Notre introduction à l’abrégé du premier voyage de Stanley en Afrique finit ici en réalité. Ce qui suit est une explication concernant l’orthographe des noms propres qu’on y lira : elle diffère de celle qu’on leur a donnée, soit dans l’édition complète soit dans d’autres publications. Le lecteur qu’une telle explication n’intéresse pas peut s’abstenir de la parcourir : elle n’offre aucun attrait à la curiosité ; ce n’est qu’une espèce d’examen de conscience scientifique.

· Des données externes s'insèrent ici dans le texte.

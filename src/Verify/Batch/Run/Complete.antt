-- ===== src/Verify/Batch/Run/Complete.antt =====
-- What a batch verdict of src/verify/batch.rs says of the files of the two directories.
use atl_cli.Prelude.{
  ◌+◌, String, true, Option, none, some, List, [], ◌∷◌, ◌≡◌, refl, ap, ◌∙◌, arith, map, length, All,
  All-append, All-Permᴰ, length-append, length-map, length-Permᴰ, Result, ok, err, Ensures,
  Ensures-bind, Ensures-ok,
}
use atl_cli.Core.{AtlCore}
use atl_cli.Error.{CliError}
use atl_cli.Files.{Files}
use atl_cli.Verify.Verdict.{Status, is_valid}
use atl_cli.Verify.Anchor.Prose.{Rendering}
use atl_cli.Verify.File.{Sha256}
use atl_cli.Verify.Policy.{AnchorPolicy}
use atl_cli.Verify.Single.{SingleVerificationResult, verdict}
use atl_cli.Verify.Single.Load.{verify_single}
use atl_cli.Verify.Consistency.{CrossServices}
use atl_cli.Verify.Batch.{
  BatchItemResult, BatchVerificationResult, Pair, item_of_pair, batch_items, collect_batch,
  batch_verdict, total_count,
}
use atl_cli.Verify.Batch.Counts.{
  IsCounted, is_valid_item, collect_batch-IsCounted, total_count-IsCounted, batch_verdict-valid_iff,
}
use atl_cli.Verify.Batch.Honest.{IsHonest, collect_batch-IsHonest}
use atl_cli.Verify.Batch.Matching.{UnreadableEntry, FileMatching, match_files_to_receipts}
use atl_cli.Verify.Batch.Matching.Pairing.{IsPair, sources_of}
use atl_cli.Verify.Batch.Matching.Walks.{ListsNames, IsSurvey, match_files_to_receipts-IsSurvey}
use atl_cli.Verify.Batch.Run.Presence.{
  IsVerified, IsPresence, All-split, none_good, valid-IsPresence,
}
use atl_cli.Verify.Batch.Run.{verify_pair, leftovers, verify_batch}

module _ (core : AtlCore) (fs : Files) (sha : Sha256) (render : Rendering)
    (trust_store : Option core.TrustStore) (policy : AnchorPolicy) where
  abbrev verify : String → String → Result CliError SingleVerificationResult
  verify source receipt = verify_single core fs sha render source receipt trust_store policy

  abbrev pairs : List (String × String) → List Pair
  pairs ms = map (verify_pair core fs sha render trust_store policy) ms

  -- What is known of the two directories of a batch in which nothing is missing.
  pub record IsComplete (P : SingleVerificationResult → Type 0) (source_dir receipt_dir : String)
      : Type 0 where
    pub matching : FileMatching
    pub survey : IsSurvey fs source_dir receipt_dir matching
    pub all_read : matching.unreadable ≡ []
    pub all_used : matching.unmatched_receipts ≡ []
    pub all_verified : All (IsVerified P survey.receipts.files verify) survey.sources.files

  module _ (Good : BatchItemResult → Type 0) (P : SingleVerificationResult → Type 0)
      (presence : IsPresence Good P) where
    item-IsVerified :
        (receipts : List String) (source receipt : String)
        (outcome : Result CliError SingleVerificationResult)
        → IsPair receipts (source, receipt)
        → verify source receipt ≡ outcome
        → Good (item_of_pair (record { source = source; receipt = receipt; outcome = outcome }))
        → IsVerified P receipts verify source
    unfolding item_of_pair
    item-IsVerified receipts source receipt (ok r) (_, named, present) e h = record {
      receipt = receipt;
      named = named;
      present = present;
      result = r;
      verified = e;
      known = presence.of_status source receipt r h;
    }
    item-IsVerified receipts source receipt (err failure) p e h =
        absurd (presence.not_errored source (some receipt) failure h)

    items-IsVerified :
        (receipts : List String) (ms : List (String × String))
        → All (IsPair receipts) ms
        → All Good (map item_of_pair (pairs ms))
        → All (IsVerified P receipts verify) (sources_of ms)
    unfolding verify_pair
    items-IsVerified receipts [] h v = tt
    items-IsVerified receipts ((source, receipt) ∷ ms) h v = (
      item-IsVerified receipts source receipt (verify source receipt) h.0 refl v.0,
      items-IsVerified receipts ms h.1 v.1,
    )

    none_unread :
        (xs : List UnreadableEntry)
        → All Good (
            map
              (λ (path, error). BatchItemResult.errored path none error)
              (map (λ (e : UnreadableEntry). (e.path, e.error)) xs))
        → xs ≡ []
    none_unread [] h = refl
    none_unread (x ∷ xs) h = absurd (presence.not_errored x.path none x.error h.0)

    complete :
        (source_dir receipt_dir : String) (m : FileMatching)
        → IsSurvey fs source_dir receipt_dir m
        → All Good
            (batch_items (pairs m.matched) (leftovers core fs sha render trust_store policy m))
        → IsComplete P source_dir receipt_dir
    unfolding batch_items leftovers
    complete source_dir receipt_dir m s v =
        let verified = IsVerified P s.receipts.files verify in
        let pieces = All-split Good (map item_of_pair (pairs m.matched)) _ v in
        let walked =
          All-split Good
            (map (λ (path, error). BatchItemResult.errored path none error)
              (map (λ (e : UnreadableEntry). (e.path, e.error)) m.unreadable))
            _ pieces.1 in
        let unpaired =
          All-split Good (map BatchItemResult.no_receipt m.unmatched_sources) _ walked.1 in
        let none_alone =
          none_good Good BatchItemResult.no_receipt m.unmatched_sources presence.not_receipt
            unpaired.0 in
        record {
          matching = m;
          survey = s;
          all_read = none_unread m.unreadable walked.0;
          all_used =
              none_good Good BatchItemResult.no_source m.unmatched_receipts presence.not_source
                unpaired.1;
          all_verified = All-Permᴰ verified s.matching.sources_placed (
              All-append verified (sources_of m.matched) m.unmatched_sources
                (items-IsVerified s.receipts.files m.matched s.matching.pairs_named pieces.0)
                (rw (none_alone) tt));
        }

    -- A batch whose items say that nothing is missing leaves no file of its directories out.
    pub verify_batch-IsComplete :
        (cross : CrossServices) (source_dir receipt_dir : String) (b : BatchVerificationResult)
        → ListsNames fs
        → verify_batch core fs sha render trust_store policy cross source_dir receipt_dir ≡ ok b
        → All Good b.items
        → IsComplete P source_dir receipt_dir
    unfolding verify_batch collect_batch
    verify_batch-IsComplete cross source_dir receipt_dir b names h good =
        Ensures-ok (λ c. All Good c.items → IsComplete P source_dir receipt_dir)
          (Ensures-bind _ (match_files_to_receipts fs source_dir receipt_dir) _ λ m matched good.
            complete source_dir receipt_dir m
              (Ensures-ok (IsSurvey fs source_dir receipt_dir)
                (match_files_to_receipts-IsSurvey fs source_dir receipt_dir names) matched)
              good)
          h good

  pub verify_batch-IsCounted :
      (cross : CrossServices) (source_dir receipt_dir : String)
      → Ensures IsCounted
          (verify_batch core fs sha render trust_store policy cross source_dir receipt_dir)
  unfolding verify_batch
  verify_batch-IsCounted cross source_dir receipt_dir =
      Ensures-bind IsCounted (match_files_to_receipts fs source_dir receipt_dir) _ λ m _.
        collect_batch-IsCounted cross (pairs m.matched)
          (leftovers core fs sha render trust_store policy m) policy

  -- What `verify_batch` files as valid has a valid verdict.
  pub verify_batch-IsHonest :
      (cross : CrossServices) (source_dir receipt_dir : String)
      → Ensures
          (λ b. All IsHonest b.items)
          (verify_batch core fs sha render trust_store policy cross source_dir receipt_dir)
  unfolding verify_batch
  verify_batch-IsHonest cross source_dir receipt_dir =
      Ensures-bind (λ b. All IsHonest b.items) (match_files_to_receipts fs source_dir receipt_dir) _
        λ m _.
          collect_batch-IsHonest cross (pairs m.matched)
            (leftovers core fs sha render trust_store policy m) policy

  -- Where listings name their entries, a batch is found valid only if every file that the source
  -- directory lists, but those with the extension of receipts, is verified against a receipt of its name
  -- that the receipt directory lists, and its verdict is valid, if no receipt there is left over, and if
  -- no entry of either listing could not be read.
  pub valid_batch_is_complete :
      (cross : CrossServices) (source_dir receipt_dir : String) (b : BatchVerificationResult)
      → ListsNames fs
      → verify_batch core fs sha render trust_store policy cross source_dir receipt_dir ≡ ok b
      → is_valid (batch_verdict b) ≡ true
      → IsComplete (λ r. (verdict r).status ≡ Status.valid) source_dir receipt_dir
  valid_batch_is_complete cross source_dir receipt_dir b names h valid =
      let counted = Ensures-ok IsCounted (verify_batch-IsCounted cross source_dir receipt_dir) h in
      verify_batch-IsComplete (λ item. is_valid_item item ≡ true)
        (λ r. (verdict r).status ≡ Status.valid) valid-IsPresence cross source_dir receipt_dir b
        names h ((batch_verdict-valid_iff b counted).0 valid).1

  -- Where listings name their entries, the total of a batch is the number of the files that the source
  -- directory lists, but those with the extension of receipts, of the receipts listed in the receipt
  -- directory that are in no pair of the matching, and of the listed entries of both that could not be
  -- read.
  pub total_count-verify_batch :
      (cross : CrossServices) (source_dir receipt_dir : String) (b : BatchVerificationResult)
      → ListsNames fs
      → verify_batch core fs sha render trust_store policy cross source_dir receipt_dir ≡ ok b
      → (m : FileMatching) × (s : IsSurvey fs source_dir receipt_dir m) × (match_files_to_receipts
            fs source_dir receipt_dir
          ≡ ok m)
        × (total_count b
            ≡ length s.sources.files
              + length m.unmatched_receipts
              + length s.sources.unreadable
              + length s.receipts.unreadable)
  unfolding verify_batch collect_batch batch_items leftovers
  total_count-verify_batch cross source_dir receipt_dir b names h =
      Ensures-ok
        (λ c.
          (m : FileMatching) × (s : IsSurvey fs source_dir receipt_dir m) × (match_files_to_receipts
              fs source_dir receipt_dir
            ≡ ok m)
          × (total_count c
              ≡ length s.sources.files
                + length m.unmatched_receipts
                + length s.sources.unreadable
                + length s.receipts.unreadable))
        (Ensures-bind _ (match_files_to_receipts fs source_dir receipt_dir) _ λ m matched.
          let left = leftovers core fs sha render trust_store policy m in
          let s =
            Ensures-ok (IsSurvey fs source_dir receipt_dir)
              (match_files_to_receipts-IsSurvey fs source_dir receipt_dir names) matched in
          (
            m,
            s,
            matched,
            total_count-IsCounted (collect_batch cross (pairs m.matched) left policy)
                  (collect_batch-IsCounted cross (pairs m.matched) left policy)
                ∙ size m s,
          ))
        h
    where
      size :
          (m : FileMatching) (s : IsSurvey fs source_dir receipt_dir m)
          → length
              (batch_items (pairs m.matched) (leftovers core fs sha render trust_store policy m))
            ≡ length s.sources.files
              + length m.unmatched_receipts
              + length s.sources.unreadable
              + length s.receipts.unreadable
      size m s =
          let placed = length-append (sources_of m.matched) m.unmatched_sources in
          let paired = length-Permᴰ s.matching.sources_placed in
          let read = ap length s.unreadable_kept in
          let both = length-append s.sources.unreadable s.receipts.unreadable in
          let mapped = length-map m.matched (λ (source, receipt). source) in
          simp (length-append, length-map) (omega (arith, placed, paired, read, both, mapped))
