-- ===== src/Verify/TrustStore.antt =====
-- src/verify/trust_store.rs: the certificates that `--tsa-trust-store` and `--tsa-intermediates` name.
pub mod Loaded
pub mod Roles
use Prim.Native.Char.{code}
use Prim.Native.String
use atl_cli.Prelude.{
  ℕ, zero, suc, ◌+◌, String, Bool, true, false, ◌&&◌, ◌||◌, Option, none, some, List, [], ◌∷◌, ◌++◌,
  is_empty, ltb, ◌==◌, concat, if◌then◌else◌, Result, ok, err, map_err, ◌>>=◌, ◌>>◌,
}
use atl_cli.Core.{AtlCore}
use atl_cli.Error.{CliError}
use atl_cli.Files.{Files, DirEntry, path_file_name}
use atl_cli.Verify.File.{reading}

-- `slice[..min(len, n)]`.
take : {A : Type 0} → ℕ → List A → List A
take zero xs = []
take (suc n) [] = []
take (suc n) (x ∷ xs) = x ∷ take n xs

-- Whether a list starts with as many bytes `-`.
starts_with_dashes : ℕ → List ℕ → Bool
starts_with_dashes zero bytes = true
starts_with_dashes (suc n) [] = false
starts_with_dashes (suc n) (b ∷ bytes) = b == b'-' && starts_with_dashes n bytes

-- `windows(5).any(|w| w == b"-----")`.
has_boundary : List ℕ → Bool
unfolding starts_with_dashes
has_boundary [] = false
has_boundary (b ∷ bytes) = starts_with_dashes 5 (b ∷ bytes) || has_boundary bytes

abbrev scan_limit : ℕ
scan_limit = 4096

unfoldable pub looks_like_pem : List ℕ → Bool
unfolding has_boundary take
looks_like_pem bytes = has_boundary (take scan_limit bytes)

-- `file_name().and_then(to_str).is_some_and(|name| name.starts_with('.'))`.
hidden_name : Option String → Bool
hidden_name none = false
hidden_name (some String.[]) = false
hidden_name (some (String.◌∷◌ c s)) = code c == b'.'

unfoldable pub is_hidden : String → Bool
unfolding hidden_name path_file_name
is_hidden path = hidden_name (path_file_name path)

-- The order of two paths of one directory: that of their characters, with the separator first.
rank : ℕ → ℕ
rank c = if c == b'/' then 0 else suc c

unfoldable pub path_leb : String → String → Bool
unfolding rank
path_leb String.[] q = true
path_leb (String.◌∷◌ c p) String.[] = false
path_leb (String.◌∷◌ c p) (String.◌∷◌ d q) =
    let rest = path_leb p q in
    if code c == code d then rest else ltb (rank (code c)) (rank (code d))

insert_path : String → List String → List String
insert_path path [] = path ∷ []
insert_path path (q ∷ qs) =
    let rest = insert_path path qs in if path_leb path q then path ∷ q ∷ qs else q ∷ rest

-- `sort` of a list of paths.
unfoldable pub sort_paths : List String → List String
unfolding insert_path
sort_paths [] = []
sort_paths (path ∷ paths) = insert_path path (sort_paths paths)

-- The refusal of an empty list.
unfoldable pub found_some : {A : Type 0} → String → List A → Result CliError (Unit {0})
found_some message [] = err (CliError.trust_store_error message)
found_some message (x ∷ xs) = ok tt

module _ (fs : Files) where
  unfoldable pub is_candidate : String → Bool
  unfolding is_hidden
  is_candidate path = if is_hidden path then false else fs.is_file path

  -- The loop of `list_certificate_files`.
  unfoldable pub candidate_files :
      (dir : String) → List (Result String DirEntry) → Result CliError (List String)
  unfolding is_candidate reading
  candidate_files dir [] = ok []
  candidate_files dir (entry ∷ entries) = do
    e ← reading dir entry
    rest ← candidate_files dir entries
    ok (if is_candidate e.path then e.path ∷ rest else rest)

  unfoldable pub list_certificate_files : (dir role : String) → Result CliError (List String)
  unfolding candidate_files sort_paths found_some
  list_certificate_files dir role = do
    listing ← reading dir (fs.read_dir dir)
    found ← candidate_files dir listing
    found_some (concat ("no certificate files found in " ∷ role ∷ " directory: " ∷ dir ∷ []))
        (sort_paths found)
    ok (sort_paths found)

-- The two parsers of the crate `x509_cert`.
pub record X509 (Certificate : Type 0) : Type 0 where
  pub load_pem_chain : List ℕ → Result String (List Certificate)
  pub from_der : List ℕ → Result String Certificate

module _ (core : AtlCore) (x509 : X509 core.Certificate) where
  unfoldable pub parse_certificates :
      (path : String) → List ℕ → Result CliError (List core.Certificate)
  unfolding looks_like_pem
  parse_certificates path bytes =
      if looks_like_pem bytes
      then map_err
          (λ e.
            CliError.trust_store_error
              (concat ("failed to parse PEM certificate(s) in '" ∷ path ∷ "': " ∷ e ∷ [])))
          (x509.load_pem_chain bytes)
      else (map_err
            (λ e.
              CliError.trust_store_error
                (concat ("failed to parse DER certificate in '" ∷ path ∷ "': " ∷ e ∷ [])))
            (x509.from_der bytes)
          >>= λ cert. ok (cert ∷ []))

  module _ (fs : Files) where
    unfoldable pub load_certs_from_file : String → Result CliError (List core.Certificate)
    unfolding parse_certificates
    load_certs_from_file path = do
      bytes ← reading path (fs.read_bytes path)
      parse_certificates path bytes

    -- The loop of `load_certificates`.
    unfoldable pub load_all : List String → Result CliError (List core.Certificate)
    unfolding load_certs_from_file
    load_all [] = ok []
    load_all (file ∷ files) = do
      certs ← load_certs_from_file file
      rest ← load_all files
      ok (certs ++ rest)

    unfoldable pub certificate_files : (path role : String) → Result CliError (List String)
    unfolding list_certificate_files
    certificate_files path role =
        if fs.is_dir path then list_certificate_files fs path role else ok (path ∷ [])

    unfoldable pub load_certificates :
        (path role : String) → Result CliError (List core.Certificate)
    unfolding certificate_files load_all found_some
    load_certificates path role = do
      files ← certificate_files path role
      certs ← load_all files
      found_some (concat ("no certificates found under " ∷ role ∷ " path: " ∷ path ∷ [])) certs
      ok certs

    -- `Iterator::fold` over the certificates.
    unfoldable pub add_all :
        (core.TrustStore → core.Certificate → core.TrustStore)
        → core.TrustStore
        → List core.Certificate
        → core.TrustStore
    add_all add store [] = store
    add_all add store (cert ∷ certs) = add_all add (add store cert) certs

    unfoldable pub load_tsa_trust_store : String → Result CliError core.TrustStore
    unfolding load_certificates add_all
    load_tsa_trust_store path = do
      certs ← load_certificates path "trust store"
      ok (add_all core.with_anchor_certificate core.new_store certs)

    unfoldable pub load_tsa_intermediates :
        core.TrustStore → String → Result CliError core.TrustStore
    unfolding load_certificates add_all
    load_tsa_intermediates store path = do
      certs ← load_certificates path "intermediates"
      ok (add_all core.with_intermediate_certificate store certs)

    anchor_store : Option String → Result CliError core.TrustStore
    unfolding load_tsa_trust_store
    anchor_store none = ok core.new_store
    anchor_store (some path) = load_tsa_trust_store path

    add_intermediates : Option String → core.TrustStore → Result CliError core.TrustStore
    unfolding load_tsa_intermediates
    add_intermediates none store = ok store
    add_intermediates (some path) store = load_tsa_intermediates store path

    -- `load_trust_material` of src/commands/verify.rs, for the two paths that the arguments give.
    unfoldable pub load_trust_material :
        (anchors intermediates : Option String) → Result CliError (Option core.TrustStore)
    unfolding anchor_store add_intermediates
    load_trust_material none none = ok none
    load_trust_material anchors intermediates = do
      store ← anchor_store anchors
      full ← add_intermediates intermediates store
      ok (some full)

L’éditeur n’a été amené que progressivement, par l’application logique de certains principes, à l’adoption d’un système orthographique. En 1865, lorsqu’il traduisait le Voyage de l’Atlantique au Pacifique par lord Milton et le Dr Cheadle, il disait : « Si l’idiome des habitants d’un pays n’a pas d’orthographe européenne, les sons des noms propres, exprimés dans une de nos langues, doivent pour être vraiment représentés, être rétablis suivant l’orthographe de celle de la traduction. » Deux ans plus tard, frappé de la confusion causée dans l’esprit du lecteur par les préfixes qu’ajoutaient les hommes de Zanzibar aux noms topiques, ethniques ou hiérarchiques, dans les terres situées entre l’océan Indien et le lac Victoria, il se décidait pour rendre plus clairs les récits de Speke, à supprimer ces préfixes. Deux ans après, en s’occupant du voyage de Palgrave, il rappelait la nécessité « de ramener, autant que possible et sans espérer y réussir toujours, l’orthographe des noms propres à celle que leur auraient donnée des Français, ou du moins à une orthographe que nous puissions prononcer ». De cela résultait ensuite que, faisant attention à l’absence en anglais des l mouillés et du son doux de notre gn, il se résolvait à écrire Tanguégnica, au lieu de Tanganyika, dans l’abrégé des voyages du capitaine Burton. Son système orthographique des noms propres se trouva dès lors à peu près complet ; mais, quand il tenta de l’appliquer logiquement à l’ensemble d’une carte d’Afrique, notre géographe fut pris d’une espèce d’épouvante en voyant les changements nombreux qui en étaient la conséquence, en se trouvant isolé dans son système, et en réfléchissant que le peu qu’il est et qu’il vaut dans la science ne l’investissait en aucune façon d’une autorité suffisante pour essayer, et moins encore pour faire adopter, une réforme si complète. Néanmoins, le temps d’y réfléchir était passé, le coup avait été porté d’instinct pour ainsi dire, par une déduction logique ; c’était un acte accompli, désormais ineffaçable. L’auteur ne pouvait plus reculer dans une voie qu’il trouvait être la bonne ; il n’avait plus qu’à s’armer de courage en acceptant la position telle qu’elle s’était produite et en s’efforçant de la faire adopter par les savants en ces matières.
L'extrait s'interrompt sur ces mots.